Plastics need to work in managed waste systems

There’s an elephant in the room when it comes to the sustainable management of plastics and eliminating pollution.

For nearly a half-century our Solid Waste systems (landfills) have taken a PR beating. Back in the early 80’s it was justifiable concerns over waste management practices, environmental protection and community health. From these concerns, heavy regulations, fees and fines where enacted to fix the problem. Over the past few decades, a remarkable thing has happened, today’s modern landfills are now considered ‘base load’ renewable energy resources. These highly engineered and strictly managed facilities are not only protecting the environment, but have become a global asset to surrounding communities, providing fuel for vehicles, heat for homes and power to industries.
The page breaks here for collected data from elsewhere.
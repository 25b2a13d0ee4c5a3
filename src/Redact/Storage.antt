-- ===== src/Redact/Storage.antt =====
-- redact/storage.go: what is kept of a protected field, sealed and as a digest. AES-GCM, SHA-256, HMAC,
-- base64 and decimal numbers are the fields of `Library`; a nonce is an argument, none where the random
-- source fails. A byte stands as the
-- character of its number, and the bytes of a text as the text.
pub mod Table
pub mod Runtime
pub mod Seal
pub mod Restore
pub mod Results
pub mod Kept
mod Tests
use kratos_kit.Base.{
  ℕ, zero, suc, ◌≡◌, String, ◌<>◌, Bool, Option, none, some, List, [], ◌∷◌, ◌++◌, length, leb,
  nat_eq, ◌==◌, if◌then◌else◌,
}
use Prim.Native.Char.{Char, code}
use kratos_kit.Base.Int.{ℤ}
use kratos_kit.Redact.Text.{take, drop}

abbrev pub Bytes : Type 0
Bytes = List Char

pub data StorageError : Type 0 where
  value_not_found : StorageError
  secret_missing protector_missing cipher_failed random_failed not_encrypted bad_base64 bad_length
        open_failed :
      StorageError
  bad_policy bad_rule rule_not_string store_missing bad_record bad_tenant accessor_missing
        field_not_string :
      StorageError
  store_failed field_failed : String → StorageError

pub data Result {ℓ} (A : Type ℓ) : Type ℓ where
  ok : A → Result A
  failed : StorageError → Result A

module _ {A B : Type 0} where
  infixl 20 ◌>>=◌
  abbrev pub ◌>>=◌ : Result A → (A → Result B) → Result B
  ok x >>= f = f x
  failed e >>= f = failed e

-- cipher.AEAD: Open has no plaintext where the text or the data was changed
pub record Aead : Type 0 where
  pub nonce_size : ℕ
  pub seal : Bytes → String → String → Bytes
  pub open_sealed : Bytes → Bytes → String → Option String

-- What the source calls of Go's packages; new_aead is aes.NewCipher with cipher.NewGCM
pub record Library : Type 0 where
  pub sha256 : String → Bytes
  pub hmac_sha256 : Bytes → String → Bytes
  pub new_aead : Bytes → Option Aead
  pub encode_base64 : Bytes → String
  pub decode_base64 : String → Option Bytes
  pub format_int : ℤ → String
  pub hex : Bytes → String

-- StorageProtector
pub record StorageProtector : Type 0 where
  pub encryption_key : Bytes
  pub digest_key : Bytes

-- NewStorageProtector
abbrev pub new_storage_protector : Library → String → Result StorageProtector
new_storage_protector lib secret =
    if secret == ""
    then failed secret_missing
    else ok (record {
      encryption_key = lib.sha256 ("kratos-kit/redact/storage/encryption/" <> secret);
      digest_key = lib.sha256 ("kratos-kit/redact/storage/digest/" <> secret);
    })

-- The key, where there is one: p == nil || len(key) == 0
abbrev key_of : Bytes → Result Bytes
key_of [] = failed protector_missing
key_of (b ∷ k) = ok (b ∷ k)

abbrev or_error : {A : Type 0} → StorageError → Option A → Result A
or_error e none = failed e
or_error e (some x) = ok x

abbrev pub encryption_key_of : Option StorageProtector → Result Bytes
encryption_key_of none = failed protector_missing
encryption_key_of (some p) = key_of p.encryption_key

abbrev pub digest_key_of : Option StorageProtector → Result Bytes
digest_key_of none = failed protector_missing
digest_key_of (some p) = key_of p.digest_key

abbrev pub storage_cipher_prefix : String
storage_cipher_prefix = "enc:"

-- What follows the prefix in a text that starts with it
unfoldable pub strip : String → String → Option String
strip String.[] s = some s
strip (String.◌∷◌ p ps) String.[] = none
strip (String.◌∷◌ p ps) (String.◌∷◌ c s) =
    let rest = strip ps s in if nat_eq (code p) (code c) then rest else none

-- The text behind the prefix, when there is any
abbrev behind_prefix : Option String → Result String
behind_prefix none = failed not_encrypted
behind_prefix (some rest) = if rest == "" then failed not_encrypted else ok rest

module _ (lib : Library) where
  abbrev sealed : Aead → Bytes → String → String → String
  sealed aead nonce value associated_data =
      storage_cipher_prefix <> lib.encode_base64 (nonce ++ aead.seal nonce value associated_data)

  -- StorageProtector.Encrypt
  abbrev pub encrypt : Option Bytes → Option StorageProtector → String → String → Result String
  encrypt random p value associated_data = encryption_key_of p >>= λ key.
      or_error cipher_failed (lib.new_aead key) >>= λ aead.
      or_error random_failed random >>= λ nonce. ok (sealed aead nonce value associated_data)

  abbrev opened : Aead → Bytes → String → Result String
  opened aead encoded associated_data =
      if leb (length encoded) aead.nonce_size
      then failed bad_length
      else or_error open_failed (
          aead.open_sealed (take aead.nonce_size encoded) (drop aead.nonce_size encoded)
            associated_data)

  -- StorageProtector.Decrypt
  abbrev pub decrypt : Option StorageProtector → String → String → Result String
  decrypt p value associated_data = encryption_key_of p >>= λ key.
      behind_prefix (strip storage_cipher_prefix value) >>= λ rest.
      or_error bad_base64 (lib.decode_base64 rest) >>= λ encoded.
      or_error cipher_failed (lib.new_aead key) >>= λ aead. opened aead encoded associated_data

  -- StorageProtector.Digest
  abbrev pub digest : Option StorageProtector → String → String → Result Bytes
  digest p value associated_data =
      digest_key_of p >>= λ key. ok (lib.hmac_sha256 key (associated_data <> ("\0" <> value)))

-- RuleFingerprint
abbrev pub rule_fingerprint : Library → String → String → String
rule_fingerprint lib rule_type rule_json = lib.hex (lib.sha256 (rule_type <> ("\0" <> rule_json)))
Besides poor waste management practices, a root cause of plastic pollution is the fact that plastics do not inherently work in our managed waste systems. This fact festers in many corporate sustainability strategies, evident by the promises of making plastics work in a compost. Right idea, wrong system.
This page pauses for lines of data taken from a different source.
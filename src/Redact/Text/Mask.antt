-- ===== src/Redact/Text/Mask.antt =====
-- redact/redactor.go: what MaskWithMin keeps, and that a masked text is left as it is.
use kratos_kit.Base.{
  ℕ, zero, suc, ◌+◌, ◌-◌, ◌≤◌, ◌≡◌, refl, ap, String, List, [], ◌∷◌, ◌++◌, length, length-append,
  nat_eq, Bool-cases, inl, inr, min, arith,
}
use Prim.Native.Char.{Char}
use kratos_kit.Base.Text.{chars, of_chars, chars-of_chars}
use mathlib.Core.List.{append_assoc}
use kratos_kit.Base.Int.{ℤ, pos_part}
use kratos_kit.Redact.Text.{take, drop, repeat, make_room, bounds, cover, mask_runes, mask_with_min}

-- The ends in closed form: what is to be masked at the least is taken out of the room for both, and
-- the first end goes before the last.
abbrev pub ends : ℕ → ℕ → ℕ → ℕ → ℕ × ℕ
ends n first last least =
    let room = n - least in let kept = min first room in (kept, min last (room - kept))

make_room-ends :
    (n first last least : ℕ)
    → make_room n (min least n) (min first n) (min last (n - min first n)) ≡ ends n first last least
make_room-ends n first last least = ground arith

ends-le : (n f l m : ℕ) → (ends n f l m).0 + (ends n f l m).1 ≤ n
ends-le n f l m = ground arith

bounds-ends :
    (n : ℕ) (keep_first keep_last min_mask : ℤ)
    → bounds n keep_first keep_last min_mask
      ≡ ends n (pos_part keep_first) (pos_part keep_last) (pos_part min_mask)
bounds-ends n keep_first keep_last min_mask =
    make_room-ends n (pos_part keep_first) (pos_part keep_last) (pos_part min_mask)

module _ {ℓ} {A : Type ℓ} where
  -- The same text, from the ends
  abbrev pub masked_text : List A → ℕ × ℕ → List A → List A
  masked_text mask (first, last) text =
      take first text
      ++ (repeat mask (length text - first - last) ++ drop (length text - last) text)

  take-length-append : (f : ℕ) (s t : List A) → f ≤ length s → take f (take f s ++ t) ≡ take f s
  unfolding take
  take-length-append zero s t h = refl
  take-length-append (suc f) [] t h = absurd (omega arith)
  take-length-append (suc f) (x ∷ s) t h = ap (λ l. x ∷ l) (take-length-append f s t (omega arith))

  pub take_all-append : (d : ℕ) (s t : List A) → length s ≡ d → take d (s ++ t) ≡ s
  unfolding take
  take_all-append zero [] t h = refl
  take_all-append (suc d) [] t h = absurd (omega arith)
  take_all-append zero (x ∷ s) t h = absurd (omega arith)
  take_all-append (suc d) (x ∷ s) t h = ap (λ l. x ∷ l) (take_all-append d s t (omega arith))

  length-take : (f : ℕ) (s : List A) → f ≤ length s → length (take f s) ≡ f
  unfolding take
  length-take zero s h = refl
  length-take (suc f) [] h = absurd (omega arith)
  length-take (suc f) (x ∷ s) h = omega (arith, length-take f s)

  length-drop : (d : ℕ) (s : List A) → length (drop d s) ≡ length s - d
  unfolding drop
  length-drop zero s = omega arith
  length-drop (suc d) [] = omega arith
  length-drop (suc d) (x ∷ s) = omega (arith, length-drop d s)

  pub drop-append : (d : ℕ) (s t : List A) → length s ≡ d → drop d (s ++ t) ≡ t
  unfolding drop
  drop-append zero [] t h = refl
  drop-append (suc d) [] t h = absurd (omega arith)
  drop-append zero (x ∷ s) t h = absurd (omega arith)
  drop-append (suc d) (x ∷ s) t h = drop-append d s t (omega arith)

  length-repeat : (c : A) (n : ℕ) → length (repeat (c ∷ []) n) ≡ n
  unfolding repeat
  length-repeat c zero = refl
  length-repeat c (suc n) = omega (arith, length-repeat c n)

  take-drop : (f : ℕ) (s : List A) → take f s ++ drop f s ≡ s
  unfolding take drop
  take-drop zero s = refl
  take-drop (suc f) [] = refl
  take-drop (suc f) (x ∷ s) = ap (λ l. x ∷ l) (take-drop f s)

  nothing-between :
      (mask text : List A) (f d m : ℕ)
      → d ≡ f
      → m ≡ 0
      → text ≡ take f text ++ (repeat mask m ++ drop d text)
  unfolding repeat
  nothing-between mask text f d m h e = rw (h, e, take-drop f text)

  cover-masked_text :
      (mask text : List A) (f l : ℕ)
      → f + l ≤ length text
      → cover mask (f, l) text ≡ masked_text mask (f, l) text
  unfolding cover
  cover-masked_text mask text f l h = elim (Bool-cases (nat_eq (length text - f - l) 0)) [
    | inl e ↦ rw e (nothing-between mask text f (length text - l) _ (ground arith) (ground arith))
    | inr e ↦ rw e
  ]

-- What MaskWithMin does to the characters of a text is this: with at least min_mask of them (all, if
-- there are fewer) set aside for the mask, the first end gets what it asks for, the last end what is
-- left of that, and every other character is replaced by the mask.
pub mask_runes-masked_text {ℓ} :
    {A : Type ℓ} (mask text : List A) (keep_first keep_last min_mask : ℤ)
    → mask_runes mask keep_first keep_last min_mask text
      ≡ masked_text mask
          (ends (length text) (pos_part keep_first) (pos_part keep_last) (pos_part min_mask))
          text
unfolding mask_runes
mask_runes-masked_text mask text keep_first keep_last min_mask =
    rw (bounds-ends (length text) keep_first keep_last min_mask)
      (cover-masked_text mask text _ _ (ends-le (length text) _ _ _))

module _ {ℓ} {A : Type ℓ} where
  length-masked_text :
      (c : A) (s : List A) (f l : ℕ)
      → f + l ≤ length s
      → length (masked_text (c ∷ []) (f, l) s) ≡ length s
  length-masked_text c s f l h =
      rw
        (
          length-append (take f s),
          length-append (repeat (c ∷ []) (length s - f - l)),
          length-repeat,
          length-drop,
          length-take f s (omega (arith, h)),
        )
        (omega (arith, h))

  take-masked_text :
      (c : A) (s : List A) (f l : ℕ)
      → f + l ≤ length s
      → take f (masked_text (c ∷ []) (f, l) s) ≡ take f s
  take-masked_text c s f l h = take-length-append f s _ (omega (arith, h))

  drop-masked_text :
      (c : A) (s : List A) (f l : ℕ)
      → f + l ≤ length s
      → drop (length s - l) (masked_text (c ∷ []) (f, l) s) ≡ drop (length s - l) s
  drop-masked_text c s f l h = rw (← append_assoc (take f s) (repeat (c ∷ []) (length s - f - l))) (
      drop-append (length s - l) _ _ (
        rw (length-append (take f s), length-repeat, length-take f s (omega (arith, h)))
          (omega (arith, h))))

  mask_runes-mask_runes :
      (c : A) (s : List A) (kf kl mm : ℤ)
      → mask_runes (c ∷ []) kf kl mm (mask_runes (c ∷ []) kf kl mm s)
        ≡ mask_runes (c ∷ []) kf kl mm s
  mask_runes-mask_runes c s kf kl mm = rw (
    mask_runes-masked_text (c ∷ []) s kf kl mm,
    mask_runes-masked_text (c ∷ []) _ kf kl mm,
    length-masked_text c s _ _ (ends-le (length s) (pos_part kf) (pos_part kl) (pos_part mm)),
    take-masked_text c s _ _ (ends-le (length s) (pos_part kf) (pos_part kl) (pos_part mm)),
    drop-masked_text c s _ _ (ends-le (length s) (pos_part kf) (pos_part kl) (pos_part mm)),
  )

-- Masking a text by a single character twice, with the same numbers, is masking it once.
pub mask_with_min-again :
    (value : String) (keep_first keep_last min_mask : ℤ) (c : Char)
    → mask_with_min
        (mask_with_min value keep_first keep_last min_mask (of_chars (c ∷ [])))
        keep_first
        keep_last
        min_mask
        (of_chars (c ∷ []))
      ≡ mask_with_min value keep_first keep_last min_mask (of_chars (c ∷ []))
unfolding mask_with_min
mask_with_min-again value keep_first keep_last min_mask c = rw (
  chars-of_chars (c ∷ []),
  chars-of_chars,
  mask_runes-mask_runes c (chars value) keep_first keep_last min_mask,
)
Every week garbage trucks around the country, running on clean-burning natural gas supplied by Solid Waste systems, provide residential pick-up of all single-use/non-recyclable plastics that consumers properly discard to avoid pollution, and transfer this material to our Solid Waste systems. Oddly, we hear about making plastics work in recycling or making sure plastics are designed to work in a compost [ASTM D6400] (even though the infrastructure does not exist), but why do sustainable packaging professionals fail to recognize the advancements and return value in making sure plastics work in our Solid Waste [ASTM D5526/D5511] systems?
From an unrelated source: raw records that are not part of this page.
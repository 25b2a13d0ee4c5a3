-- ===== src/Redact/Storage/Table.antt =====
-- redact/storage_runtime.go: the side table, and what RedactStorage writes to it. The side table is a
-- ValueStore over its state S; an error ends an operation with the state it has reached. A receiver
-- that is nil is none.
use kratos_kit.Base.{String, Bool, true, false, Option, none, some, List, if◌then◌else◌}
use kratos_kit.Base.Int.{ℤ, pos, ltb_ℤ}
use kratos_kit.Redact.Policy.{Any, FieldPolicy}
use kratos_kit.Redact.Storage.{
  Bytes, StorageError, StorageProtector, Result, ok, failed, value_not_found, store_missing,
  bad_record, bad_tenant,
}

-- StorageFieldPolicy
pub record StorageFieldPolicy : Type 0 where
  pub id : ℤ
  pub tenant_id : ℤ
  pub table_name : String
  pub column_name : String
  pub rule : FieldPolicy

-- StorageValue; ID is the store's
pub record StorageValue : Type 0 where
  pub tenant_id : ℤ
  pub storage_policy_id : ℤ
  pub record_id : ℤ
  pub ciphertext : String
  pub digest_of : Bytes

-- StorageValueStore: each operation over the state of the table; an error of Save or Delete is none
-- when there is none
pub record ValueStore (S : Type 0) : Type 0 where
  pub find : ℤ → ℤ → ℤ → S → Result StorageValue
  pub list_by_records : ℤ → ℤ → List ℤ → S → Result (List StorageValue)
  pub list_by_digest : ℤ → ℤ → Bytes → S → Result (List StorageValue)
  pub save : StorageValue → S → S × Option StorageError
  pub delete : StorageValue → S → S × Option StorageError

-- EntityFieldAccessor, on entities of a type E. ValueOf gives the value and whether
-- it is zero; Set gives the entity it leaves, with an error or none.
pub record FieldAccessor (E : Type 0) : Type 0 where
  pub value_of : E → String → Result (Any × Bool)
  pub set_column : E → String → Any → E × Option StorageError

-- RedactStorage; the policy resolver is ListStoragePolicies
pub record RedactStorage (S E : Type 0) : Type 0 where
  pub value_store : Option (ValueStore S)
  pub policy_resolver : Option (ℤ → String → List StorageFieldPolicy)
  pub protector : Option StorageProtector
  pub field_accessor : Option (FieldAccessor E)

-- What an error leaves: errors.Is(err, ErrStorageValueNotFound)
abbrev pub is_not_found : StorageError → Bool
is_not_found value_not_found = true
is_not_found e = false

abbrev pub is_positive : ℤ → Bool
is_positive n = ltb_ℤ (pos 0) n

abbrev pub is_negative : ℤ → Bool
is_negative n = ltb_ℤ n (pos 0)

module _ {S : Type 0} where
  abbrev save_in : Option (ValueStore S) → StorageValue → ℤ → S → S × Option StorageError
  save_in none value record_id table = (table, some store_missing)
  save_in (some store) value record_id table =
      if is_positive record_id
      then store.save (record value { record_id = record_id }) table
      else (table, some bad_record)

  abbrev delete_found : ValueStore S → Result StorageValue → S → S × Option StorageError
  delete_found store (ok value) table = store.delete value table
  delete_found store (failed e) table = if is_not_found e then (table, none) else (table, some e)

  abbrev delete_in : Option (ValueStore S) → ℤ → ℤ → ℤ → S → S × Option StorageError
  delete_in none tenant_id policy_id record_id table = (table, some store_missing)
  delete_in (some store) tenant_id policy_id record_id table =
      if is_negative tenant_id
      then (table, some bad_tenant)
      else delete_found store (store.find tenant_id policy_id record_id table) table

module _ {S E : Type 0} where
  -- SavePrepared; value == nil is none
  unfoldable pub save_prepared :
      Option (RedactStorage S E) → Option StorageValue → ℤ → S → S × Option StorageError
  save_prepared s none record_id table = (table, none)
  save_prepared none (some value) record_id table = (table, some store_missing)
  save_prepared (some s) (some value) record_id table = save_in s.value_store value record_id table

  -- DeletePrepared
  unfoldable pub delete_prepared :
      Option (RedactStorage S E) → ℤ → ℤ → ℤ → S → S × Option StorageError
  delete_prepared none tenant_id policy_id record_id table = (table, some store_missing)
  delete_prepared (some s) tenant_id policy_id record_id table =
      delete_in s.value_store tenant_id policy_id record_id table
When it comes to lifecycle accountability of plastics and ensuring the highest return value throughout, which is the basic premise of Circularity, there is nothing that compares in Scale, Practice and Return Value to making sure plastics are designed to work in Municipal Solid Waste (MSW) systems.

It’s time to flip the script and change the narrative. Instead of demonizing our Solid Waste infrastructures where plastics are commonly and customarily discard, design for this managed system to ensure a clean planet and clean energy recovery.